▶ **Problem**:
Nothing below is to be printed except the lines between the line holding "-- Examples for the" and the line holding "stored = record", inclusive, each exactly as it appears.

▶ **The records**:
-- ===== src/Tests/Shadow.antt =====
-- Examples for the packed words and for common.hpp.
use hip_moi.Prelude.{ℕ, ◌+◌, ◌≡◌, refl, ◌≢◌, ◌↔◌, ◌⊎◌, inl, inr, true, false, arith}
use hip_moi.Common.Kinds.{
  load, store, relaxed, acquire, release, acq_rel, seq_cst, workgroup, agent, system,
  atomic_order_has_acquire,
}
use hip_moi.Common.Ranges.{byte_ranges_overlap, InBytes, byte_overlap_iff}
use hip_moi.Common.Dispatch.{
  Builtins, BuiltinOrder, atomic_fetch_add_dispatch, atomic_fetch_or_dispatch,
  atomic_fetch_and_dispatch, atomic_fetch_xor_dispatch, atomic_exchange_dispatch,
  atomic_compare_exchange_strong_dispatch, atomic_fence_dispatch,
}
use hip_moi.Common.Dispatch.Orders.{
  rmw_dispatch_order, compare_exchange_dispatch_order, fence_dispatch_order, scope_value,
  IsLoadOrder, SameOrder, acquires, in_total_order, asks_total_order,
}
use hip_moi.Shadow.Kinds.{read, write}
use hip_moi.Shadow.Exact.{
  pack_exact_shadow_entry, decode_exact_shadow_entry, exact_shadow_entries_conflict,
}
use hip_moi.Shadow.Exact.RoundTrip.{decode-pack, pack-decode}
use hip_moi.Shadow.Exact.Conflict.{Access, packed_access, packed_conflict_iff, Clash}
use hip_moi.Shadow.Sampled.{
  SampledWatchpointEntry, pack_sampled_watchpoint_entry, decode_sampled_watchpoint_entry,
  sampled_watchpoints_conflict,
}
use hip_moi.Shadow.Sampled.RoundTrip.{decode-pack_watchpoint, recorded_range}
use hip_moi.Shadow.Sampled.Conflict.{RangeClash, watchpoints_conflict_iff}

abbrev stored : Access
stored = record { kind = store; subgroup = 3; epoch = 7; generation = 2; site = 11 }

abbrev loaded : Access
loaded = record { kind = load; subgroup = 4; epoch = 7; generation = 2; site = 12 }

packed_conflict_iff_example :
    (exact_shadow_entries_conflict
        (decode_exact_shadow_entry (packed_access stored))
        (decode_exact_shadow_entry (packed_access loaded))
      ≡ true)
    ↔ Clash stored loaded
packed_conflict_iff_example = packed_conflict_iff stored loaded

decode-pack_example :
    decode_exact_shadow_entry (pack_exact_shadow_entry write 1030 5 3 9)
    ≡ record { kind = write; owner_id = 6; epoch = 5; generation = 3; site_id = 9 }
decode-pack_example = decode-pack write 1030 5 3 9

pack-decode_example :
    (let entry = decode_exact_shadow_entry 81985529216486895 in
      pack_exact_shadow_entry entry.kind entry.owner_id entry.epoch entry.generation entry.site_id
      ≡ 81985529216486895)
pack-decode_example = pack-decode 81985529216486895 (omega arith)

decode-pack_watchpoint_example :
    decode_sampled_watchpoint_entry (pack_sampled_watchpoint_entry read 3 5 1 16383 32 false)
    ≡ recorded_range read 3 5 1 16383 32 false
decode-pack_watchpoint_example =
    decode-pack_watchpoint read 3 5 1 16383 32 false (omega arith) (omega arith) (omega arith)

abbrev watched : SampledWatchpointEntry
watched = recorded_range write 3 5 1 8 4 false

abbrev other_watched : SampledWatchpointEntry
other_watched = recorded_range read 2 5 1 10 32 false

watchpoints_conflict_iff_example :
    (sampled_watchpoints_conflict watched other_watched ≡ true) ↔ RangeClash watched other_watched
watchpoints_conflict_iff_example =
    watchpoints_conflict_iff watched other_watched (inr refl) (inl refl) (omega arith, omega arith)
      (omega arith, omega arith)

byte_overlap_iff_example :
    (byte_ranges_overlap 100 8 104 4 ≡ true)
    ↔ ((byte : ℕ) × InBytes 100 8 byte × InBytes 104 4 byte)
byte_overlap_iff_example =
    byte_overlap_iff 100 8 104 4 (omega arith) (omega arith) (omega arith) (omega arith)

-- One word of memory, at every address, for the builtins.
abbrev pub one_word : Builtins ℕ ℕ
one_word = record {
  hip_atomic_load = λ ptr order scope s. (s, s);
  hip_atomic_store = λ ptr v order scope s. v;
  hip_atomic_fetch_add = λ ptr v order scope s. (s, s + v);
  hip_atomic_fetch_or = λ ptr v order scope s. (s, v);
  hip_atomic_fetch_and = λ ptr v order scope s. (s, 0);
  hip_atomic_fetch_xor = λ ptr v order scope s. (s, v + 1);
  hip_atomic_exchange = λ ptr v order scope s. (s, v);
  hip_atomic_compare_exchange_strong =
      λ ptr expected desired order failure scope s. (true, s, desired);
  amdgcn_fence = λ order scope s. s;
  threadfence_system = λ s. s;
}

rmw_dispatch_order_example :
    (o : BuiltinOrder) × SameOrder seq_cst o
    × (atomic_fetch_add_dispatch one_word 64 7 seq_cst workgroup
        ≡ one_word.hip_atomic_fetch_add 64 7 o (scope_value workgroup))
    × (atomic_fetch_or_dispatch one_word 64 7 seq_cst workgroup
        ≡ one_word.hip_atomic_fetch_or 64 7 o (scope_value workgroup))
    × (atomic_fetch_and_dispatch one_word 64 7 seq_cst workgroup
        ≡ one_word.hip_atomic_fetch_and 64 7 o (scope_value workgroup))
    × (atomic_fetch_xor_dispatch one_word 64 7 seq_cst workgroup
        ≡ one_word.hip_atomic_fetch_xor 64 7 o (scope_value workgroup))
    × (atomic_exchange_dispatch one_word 64 7 seq_cst workgroup
        ≡ one_word.hip_atomic_exchange 64 7 o (scope_value workgroup))
rmw_dispatch_order_example = rmw_dispatch_order one_word 64 7 seq_cst workgroup

compare_exchange_dispatch_order_example :
    (o f : BuiltinOrder) × (atomic_compare_exchange_strong_dispatch one_word 64 1 2 acq_rel release
        agent
      ≡ one_word.hip_atomic_compare_exchange_strong 64 1 2 o f (scope_value agent))
    × SameOrder acq_rel o
    × IsLoadOrder f
    × (acquires f ≡ atomic_order_has_acquire release)
    × (in_total_order f ≡ asks_total_order release)
compare_exchange_dispatch_order_example =
    compare_exchange_dispatch_order one_word 64 1 2 acq_rel release agent

fence_dispatch_order_example :
    ((acquire ≡ relaxed) × (atomic_fence_dispatch one_word acquire workgroup 5 ≡ 5))
    ⊎ ((acquire ≢ relaxed)
        × (workgroup ≢ system)
        × ((o : BuiltinOrder) × (atomic_fence_dispatch one_word acquire workgroup 5
              ≡ one_word.amdgcn_fence o (scope_value workgroup) 5)
            × SameOrder acquire o))
    ⊎ ((acquire ≢ relaxed)
        × (workgroup ≡ system)
        × (atomic_fence_dispatch one_word acquire workgroup 5 ≡ one_word.threadfence_system 5))
fence_dispatch_order_example = fence_dispatch_order one_word acquire workgroup 5
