-- ===== src/Tests/Steps.antt =====
-- Examples for messages between subgroups and for sequences of steps.
use hip_moi.Prelude.{◌+◌, ◌^◌, ◌≡◌, ◌≢◌, ◌<◌, refl, none, true, max, arith, get_or}
use hip_moi.Common.Kinds.{
  acquire, release, agent, atomic_order_has_acquire, atomic_order_has_release,
}
use hip_moi.Common.Hash.{mix32}
use hip_moi.Context.Storage.{Context, Storage}
use hip_moi.Context.Subgroups.{
  subgroup_id, subgroup_epoch, thread_id, configured_subgroup_count, current_epoch, epoch_at,
}
use hip_moi.Context.Objects.{
  find_atomic_object_record, find_from, probe_start, probe_index, atomic_record_seed,
}
use hip_moi.Context.Releases.{record_atomic_release_at_epoch_impl}
use hip_moi.Context.Releases.Lookup.{released_epoch, or_zero}
use hip_moi.Context.Acquires.{current_access_acquired_prior_epoch}
use hip_moi.Context.Atomics.Passing.{stored, loaded, store_load_ordered}
use hip_moi.Context.Kernel
use hip_moi.Context.Kernel.{Steps, here, next}
use hip_moi.Context.Kernel.Records.{HasRecords, Steps-HasRecords}
use hip_moi.Tests.State.{launched, site_at}
use hip_moi.Tests.Releases.{
  two_objects, old_records, first_free, four_tokens, first_inside, thread0, thread1,
}
use hip_moi.Tests.Shadow.{one_word}

abbrev after_load : Context
after_load =
    loaded one_word 4 thread0 thread1 64 7 release acquire agent agent (site_at 31) (site_at 32) 0 0

abbrev after_store : Context
after_store =
    stored one_word 4 thread0 thread1 64 7 release acquire agent agent (site_at 31) (site_at 32) 0 0

reader_inside : subgroup_id (Kernel.on thread1 (after_store.storage)) < 2
unfolding subgroup_id thread_id configured_subgroup_count
reader_inside = omega arith

two_subgroups : subgroup_id thread0 ≢ subgroup_id (Kernel.on thread1 (after_store.storage))
unfolding subgroup_id thread_id configured_subgroup_count
two_subgroups = λ e. absurd (omega arith)

nothing_before : released_epoch launched 64 (subgroup_id thread0) ≡ none
unfolding released_epoch find_atomic_object_record find_from get_or subgroup_id thread_id
    configured_subgroup_count probe_start probe_index mix32 atomic_record_seed
nothing_before = refl

fifth_epoch : subgroup_epoch thread0 ≡ 5
unfolding subgroup_id thread_id configured_subgroup_count current_epoch epoch_at get_or
fifth_epoch = refl

small_epochs :
    max (or_zero (released_epoch launched 64 (subgroup_id thread0))) (subgroup_epoch thread0) + 1
    < 2 ^ 32
small_epochs = rw (nothing_before, fifth_epoch) (omega arith)

store_load_ordered_example :
    current_access_acquired_prior_epoch after_load.storage
      (subgroup_id thread0)
      4
      (subgroup_id (Kernel.on thread1 (after_store.storage)))
    ≡ true
unfolding atomic_order_has_release atomic_order_has_acquire
store_load_ordered_example =
    store_load_ordered one_word 4 thread0 thread1 64 7 release acquire agent agent (site_at 31)
      (site_at 32) 0 0 2 2 4 refl refl two_objects (first_free 64 (subgroup_id thread0)) refl
      four_tokens first_inside reader_inside two_subgroups (omega (arith, fifth_epoch)) small_epochs

at_start : HasRecords launched 2 1
at_start = record { table = two_objects; running = refl; past = old_records }

abbrev after_release : Storage
after_release =
    (record_atomic_release_at_epoch_impl true (Kernel.on thread0 launched) 64 4 5
      (site_at 31)).storage

Steps-HasRecords_example : HasRecords after_release 2 1
Steps-HasRecords_example =
    Steps-HasRecords 2 1 (next here (Kernel.release launched thread0 true 64 4 5 (site_at 31)))
      at_start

▶ **Result below**:
-- Examples for the packed words and for common.hpp.
use hip_moi.Prelude.{ℕ, ◌+◌, ◌≡◌, refl, ◌≢◌, ◌↔◌, ◌⊎◌, inl, inr, true, false, arith}
use hip_moi.Common.Kinds.{
  load, store, relaxed, acquire, release, acq_rel, seq_cst, workgroup, agent, system,
  atomic_order_has_acquire,
}
use hip_moi.Common.Ranges.{byte_ranges_overlap, InBytes, byte_overlap_iff}
use hip_moi.Common.Dispatch.{
  Builtins, BuiltinOrder, atomic_fetch_add_dispatch, atomic_fetch_or_dispatch,
  atomic_fetch_and_dispatch, atomic_fetch_xor_dispatch, atomic_exchange_dispatch,
  atomic_compare_exchange_strong_dispatch, atomic_fence_dispatch,
}
use hip_moi.Common.Dispatch.Orders.{
  rmw_dispatch_order, compare_exchange_dispatch_order, fence_dispatch_order, scope_value,
  IsLoadOrder, SameOrder, acquires, in_total_order, asks_total_order,
}
use hip_moi.Shadow.Kinds.{read, write}
use hip_moi.Shadow.Exact.{
  pack_exact_shadow_entry, decode_exact_shadow_entry, exact_shadow_entries_conflict,
}
use hip_moi.Shadow.Exact.RoundTrip.{decode-pack, pack-decode}
use hip_moi.Shadow.Exact.Conflict.{Access, packed_access, packed_conflict_iff, Clash}
use hip_moi.Shadow.Sampled.{
  SampledWatchpointEntry, pack_sampled_watchpoint_entry, decode_sampled_watchpoint_entry,
  sampled_watchpoints_conflict,
}
use hip_moi.Shadow.Sampled.RoundTrip.{decode-pack_watchpoint, recorded_range}
use hip_moi.Shadow.Sampled.Conflict.{RangeClash, watchpoints_conflict_iff}

abbrev stored : Access
stored = record { kind = store; subgroup = 3; epoch = 7; generation = 2; site = 11 }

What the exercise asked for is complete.